L’agito aggressivo: la gestione della situazione di crisi
«Nell’isola senza coltelli c’è un uomo che pensa, ed è l’antitesi dell’uomo presente, la cui caratteristica dominante è, assieme alla violenza, l’ignoranza» V. Andreoli
Com’è stato affermato da autorevole dottrina, l’aggressività, in quanto condotta diretta contro conspecifici sotto forma di agiti distruttivi[1], si manifesta in molteplici contesti, «svela(ndo) ciò che dovrebbe rimanere sempre nascosto: il dominio violento dell’uomo su altri uomini» (Ceretti, 2011, p. 6). Il tema dell’aggressività ‑ rispetto al quale si sono confrontati e continuano a confrontarsi incessantemente differenti approcci e metodologie di indagine (Merzagora Betsos, 2001) ‑ si connota per la sua dimensione sociale, configurandosi come fenomeno interpersonale capace di influenzare i rapporti di prossimità anche in relazione a condotte che non perseguono necessariamente esiti offensivi. Si pensi all’impiego dell’aggettivo «aggressivo» declinato nei confronti della donna in carriera o dell’atleta determinato a vincere, casi nei quali l’aggressività si identifica con «una carica interna ad affermarsi e a dominare le difficoltà» (Arcuri, 2008, p. 337) piuttosto che con una propensione all’offesa eterodiretta, rievocando quel concetto di «autoaffermazione» di adleriana memoria perfettamente conciliabile con il sentimento di socialità. Del resto, l’ambiguità semantica del termine (dal lat. ad-gredior, andare verso o contro) richiama la multidimensionalità della fenomenologia aggressiva (Arcuri, 2008), a suo tempo evidenziata da Fromm nella nota distinzione tra aggressività «benigna» ‑ filogeneticamente programmata e funzionale all’autoconservazione dell’individuo e della specie (Merzagora Betsos, 2001) ‑ e aggressività «maligna» o distruttiva, culturalmente determinata e finalizzata all’esercizio di «(…) un controllo assoluto e illimitato su un essere vivente» (Fromm, 1983), di fatto coincidente con il sadismo e anticipatoria di talune osservazioni successivamente formulate in merito alla psicologia dei serial killers (Merzagora Betsos, 2001). Pertanto, l’aggressività rinvia a un variegato ventaglio di strategie comportamentali, connotate da differenti gradi di desiderabilità sociale, che spaziano dall’adattamento all’ambiente in modo creativo e disponibile alla condotta distruttiva e socialmente deprecabile (Maremmani, Di Muro & Castrogiovanni, 1999).

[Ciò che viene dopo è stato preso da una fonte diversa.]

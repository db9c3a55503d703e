-- ===== src/Tcprelay.antt =====
-- Namespace `tcprelay`: `TCPRelay` of lib/tcprelay.cpp. What the system answers is an argument; what
-- the relay does outside is a list of effects. `H` is the type of pointers to `TCPRelayHandler`s,
-- whose `handle_event` has no definition in the program.
pub mod Listening
pub mod Accepting
mod Tests
use Prim.Native.Nat.{bit_and}
use shadowc.Base.{
  ℕ, ◌+◌, Bool, true, false, ◌||◌, Option, none, some, List, [], ◌∷◌, ◌++◌, find, ◌==◌,
  if◌then◌else◌,
}
use shadowc.Utils.{make_socket_non_blocking}
use shadowc.Base.Int.{ℤ, pos, negsuc, failed, int_eq, int_key}
use shadowc.Eventloop.{EpollEvent, EventLoop, add, epollin, epollerr}

-- `dns_resolver` is the number of the resolver that the pointer leads to.
pub record Relay {ℓ} (H : Type ℓ) : Type ℓ where
  pub server_socket : ℤ
  pub has_loop : Bool
  pub closed : Bool
  pub fd_to_handlers : List (ℤ × H)
  pub dns_resolver : ℕ

-- What the calls for one `addrinfo` return.
pub record Attempt : Type 0 where
  pub socket : ℤ
  pub setsockopt : ℤ
  pub bind : ℤ

-- What the constructor does outside: the calls for a socket, and a line of the log.
pub data Setup : Type 0 where
  opens sets_reuse logs_reuse_failed binds listens : ℤ → Setup
  sets_flags : ℤ → ℕ → Setup
  frees_addresses : Setup

-- Whether a result is below 0.
pub negative : ℤ → Bool
negative (pos n) = false
negative (negsuc n) = true

-- What is done with a socket that has been opened.
pub try_socket : Attempt → List Setup
unfolding negative
try_socket a =
    opens a.socket
    ∷ sets_reuse a.socket
    ∷ ((if negative a.setsockopt then logs_reuse_failed a.socket ∷ [] else [])
        ++ binds a.socket ∷ [])

-- The loop over the addresses: the server socket at the end, and what has been done.
unfoldable pub bind_loop : ℤ → List Attempt → ℤ × List Setup
bind_loop server_socket [] = (server_socket, [])
bind_loop server_socket (a ∷ attempts) =
    let rest = bind_loop a.socket attempts in
    elim (int_eq a.socket failed) [
      | true ↦ rest
      | false ↦ elim (int_eq a.bind (pos 0)) [
        | true ↦ (a.socket, try_socket a)
        | false ↦ (rest.0, try_socket a ++ rest.1)
      ]
    ]

-- How the constructor ends.
pub data Started {ℓ} (H : Type ℓ) : Type ℓ where
  exited : Started H
  aborted : List Setup → Started H
  started : Relay H → List Setup → Started H

-- The flags that `make_socket_non_blocking` sets, if it gets there.
pub flagged : ℤ → Option ℕ → List Setup
flagged socket none = []
flagged socket (some flags) = sets_flags socket flags ∷ []

-- What follows the loop, up to `listen`.
pub finish : ℤ → Option ℕ → Option ℕ → List Setup
unfolding flagged
finish socket flags set =
    frees_addresses ∷ (flagged socket (make_socket_non_blocking flags set).1 ++ listens socket ∷ [])

-- The constructor, with the answers of `getaddrinfo` and the calls for each of its addresses, of
-- `fcntl` for the flags of a socket, and of `listen` for it.
unfoldable pub create {ℓ} :
    {H : Type ℓ} → ℕ → Option (List Attempt) → (ℤ → Option ℕ × Option ℕ) → (ℤ → ℤ) → Started H
unfolding finish
create dns_resolver none fcntl listen = exited
create dns_resolver (some attempts) fcntl listen =
    let (server_socket, tried) = bind_loop (pos 0) attempts in
    let done = tried ++ finish server_socket (fcntl server_socket).0 (fcntl server_socket).1 in
    elim (int_eq (listen server_socket) failed) [
      | true ↦ aborted done
      | false ↦
          started
            (record {
              server_socket = server_socket;
              has_loop = false;
              closed = false;
              fd_to_handlers = [];
              dns_resolver = dns_resolver;
            })
            done
    ]

unfoldable pub add_to_loop {ℓ κ} :
    {H : Type ℓ} {E : Type κ} → E → Relay H → EventLoop E → Relay H × EventLoop E
add_to_loop self r loop = elim r.has_loop [
  | true ↦ (r, loop)
  | false ↦ elim r.closed [
    | true ↦ (r, loop)
    | false ↦ (record r { has_loop = true }, add loop r.server_socket (epollin + epollerr) self)
  ]
]

-- The lines of the log that say how an accept went.
pub data Message : Type 0 where
  epoll_error accepting accepting_error : Message
  accepted_connection : ℤ → Message

pub data Effect {ℓ} (H : Type ℓ) : Type ℓ where
  accepts : ℤ → Effect H
  logs : Message → Effect H
  hands : H → EpollEvent → Effect H

-- What `accept` and `getnameinfo` answer.
pub record Answers : Type 0 where
  pub conn : ℤ
  pub errno : ℕ
  pub name_result : ℤ

-- EAGAIN and EWOULDBLOCK
abbrev pub eagain : ℕ
eagain = 11

abbrev pub ewouldblock : ℕ
ewouldblock = 11

module _ {ℓ} {H : Type ℓ} where
  -- Behind `accept`: the numeric name of the peer is logged.
  log_peer : Answers → List (Effect H)
  log_peer a = elim (int_eq a.name_result (pos 0)) [
    | true ↦ logs (accepted_connection a.conn) ∷ []
    | false ↦ []
  ]

  on_accept : Answers → List (Effect H)
  unfolding log_peer
  on_accept a = elim (int_eq a.conn failed) [
    | true ↦ elim (a.errno == eagain || a.errno == ewouldblock) [ true ↦ [] | false ↦ log_peer a ]
    | false ↦ accepts a.conn ∷ logs accepting_error ∷ log_peer a
  ]

  hand_over : Option H → EpollEvent → List (Effect H)
  hand_over none evt = []
  hand_over (some handler) evt = hands handler evt ∷ []

  -- The relay's own fields stay as they are.
  unfoldable pub handle_event : Relay H → EpollEvent → Answers → Relay H × List (Effect H)
  unfolding on_accept hand_over
  handle_event r evt a = elim (int_eq evt.fd r.server_socket) [
    | true ↦ elim (bit_and evt.events epollerr == 0) [
      | false ↦ (r, logs epoll_error ∷ [])
      | true ↦ (r, logs accepting ∷ on_accept a)
    ]
    | false ↦ (r, hand_over (find evt.fd r.fd_to_handlers) evt)
  ]

module _ {ℓ} {H : Type ℓ} where
  -- The destructor, as the descriptors that it closes.
  abbrev pub destroy : Relay H → List ℤ
  destroy r = []

  abbrev pub sweep_timeout : Relay H → Relay H
  sweep_timeout r = r

-- `TCPRelayHandler`, with the types of its pointers. `none` is a member that nothing has been
-- assigned to.
pub record RelayHandler {ℓ κ μ} (R : Type ℓ) (M : Type κ) (D : Type μ) : Type (ℓ ⊔ κ ⊔ μ) where
  pub tcp_relay : R
  pub local_socket : Option ℤ
  pub dns_resolver : Option D
  pub fd_to_handlers : M

-- Its constructor.
abbrev pub create_handler {ℓ κ ν μ} :
    {R : Type ℓ} {M : Type κ} {L : Type ν} {D : Type μ} → R → M → L → ℤ → D → RelayHandler R M D
create_handler tcp_relay fd_to_handlers loop local_sock dnsresolver = record {
  tcp_relay = tcp_relay;
  local_socket = none;
  dns_resolver = none;
  fd_to_handlers = fd_to_handlers;
}
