-- ===== src/Server.antt =====
-- The resolver and the relay as the two handlers of one event loop, which calls their
-- `handle_event` through `EventHandler`.
pub mod Routing
pub mod Joining
mod Tests
use shadowc.Base.{ℕ, List, [], ◌∷◌, ◌++◌, Bytes, drop}
use shadowc.Base.Int.{failed, pos}
use shadowc.Memory.{Outcome, ok, ◌>>=◌}
use shadowc.Eventloop.{EventLoop, EpollEvent}
use shadowc.Asyncdns.Response.{Malloc}
use shadowc.Asyncdns.Resolver.{Resolver}
use shadowc.Asyncdns.Resolver
use shadowc.Asyncdns.Resolver.Dispatch.{next}
use shadowc.Tcprelay.{Relay, Answers, eagain}
use shadowc.Tcprelay

-- Pointers to `EventHandler`s.
pub data Handler : Type 0 where
  resolver relay : Handler

-- Both objects with what they did, and what the system will answer: what the next reads of the
-- resolver's socket leave in its buffer, and what each event of the relay meets.
pub record Server {ℓ} (C : Type 0) (H : Type ℓ) : Type ℓ where
  pub loop : EventLoop Handler
  pub resolving : Outcome (Resolver C × List (Resolver.Effect C))
  pub buffers : List Bytes
  pub relaying : Relay H × List (Tcprelay.Effect H)
  pub answers : List Answers

-- Where the list ends, nobody is there to accept.
abbrev pub next_answer : List Answers → Answers
next_answer [] = record { conn = failed; errno = eagain; name_result = failed }
next_answer (a ∷ answers) = a

abbrev pub loop_of {ℓ} : {C : Type 0} {H : Type ℓ} → Server C H → EventLoop Handler
loop_of s = s.loop

module _ {C : Type 0} (fuel : ℕ) (malloc : Malloc) (inet_ntoa : Bytes → Bytes) where
  -- What an event does to the resolver.
  abbrev pub resolve_event :
      EpollEvent
      → Outcome (Resolver C × List (Resolver.Effect C)) × List Bytes
      → Outcome (Resolver C × List (Resolver.Effect C)) × List Bytes
  resolve_event evt (resolving, buffers) = (
    do
      (r, before) ← resolving
      (r', more) ← Resolver.handle_event fuel malloc inet_ntoa r evt (next buffers)
      ok (r', before ++ more),
    drop 1 buffers,
  )

module _ {ℓ} {H : Type ℓ} where
  -- What an event does to the relay.
  abbrev pub relay_event :
      EpollEvent
      → (Relay H × List (Tcprelay.Effect H)) × List Answers
      → (Relay H × List (Tcprelay.Effect H)) × List Answers
  relay_event evt ((r, before), answers) =
      let (r', more) = Tcprelay.handle_event r evt (next_answer answers) in
      ((r', before ++ more), drop 1 answers)

module _ {ℓ} {C : Type 0} {H : Type ℓ} (fuel : ℕ) (malloc : Malloc)
    (inet_ntoa : Bytes → Bytes) where
  -- The virtual call of `handle_event`.
  unfoldable pub on_event : Handler → EpollEvent → Server C H → Server C H
  on_event resolver evt s =
      let (resolving, buffers) = resolve_event fuel malloc inet_ntoa evt (s.resolving, s.buffers) in
      record s { resolving = resolving; buffers = buffers }
  on_event relay evt s =
      let (relaying, answers) = relay_event evt (s.relaying, s.answers) in
      record s { relaying = relaying; answers = answers }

Confinando la fenomenologia aggressiva alle sole condotte orientate ad arrecare un’offesa ai conspecifici[2], si intende limitare la presente riflessione alla c.d. aggressività ostile, ossia a quel complesso di manifestazioni eterodirette nelle quali l’offesa altrui costituisce il fine primario della condotta posta in essere[3] (Feshback, 1970). In proposito, la letteratura di merito identifica tre elementi a valenza classificatoria, ravvisabili rispettivamente nell’intento, nell’azione e nello stato emotivo dell’attore. Nel prototipo aggressivo eterodiretto, all’intenzionalità, quale volontà consapevole di arrecare un danno altrui, deve fare seguito l’azione coerentemente orientata a provocare il danno medesimo, con concomitante stato emotivo di rabbia o di emozioni ad esso correlate che, in ragione dell’intensità, possono assumere coloriture variabili, dalla lieve irritazione alla grave ira (Maremmani, Di Muro & Castrogiovanni, 1999). Merita segnalare, tuttavia, come le attuali direttrici di ricerca siano orientate all’abbandono della tradizionale impostazione omologante ‑ ossia tendente ad uniformare le differenti manifestazioni aggressive sotto il comune denominatore dell’offesa volontariamente eterodiretta – in favore dell’approfondimento delle componenti specifiche che improntano singole categorie di condotta[4]. In seno alla ricerca contemporanea, si colloca il paradigma bidimensionale proposto da Geen (1990), che descrive una duplice forma di aggressività: una «reattiva, ostile affettiva», caratterizzata dalla prevalenza di componenti affettivo-emotive, e una «proattiva o strumentale», con predominanza di componenti cognitive e intenzionali, in relazione al differente grado di incidenza, sull’agito aggressivo, degli elementi eccitatori e di autoregolazione cognitiva dell’attore (Arcuri, 2008, p. 354).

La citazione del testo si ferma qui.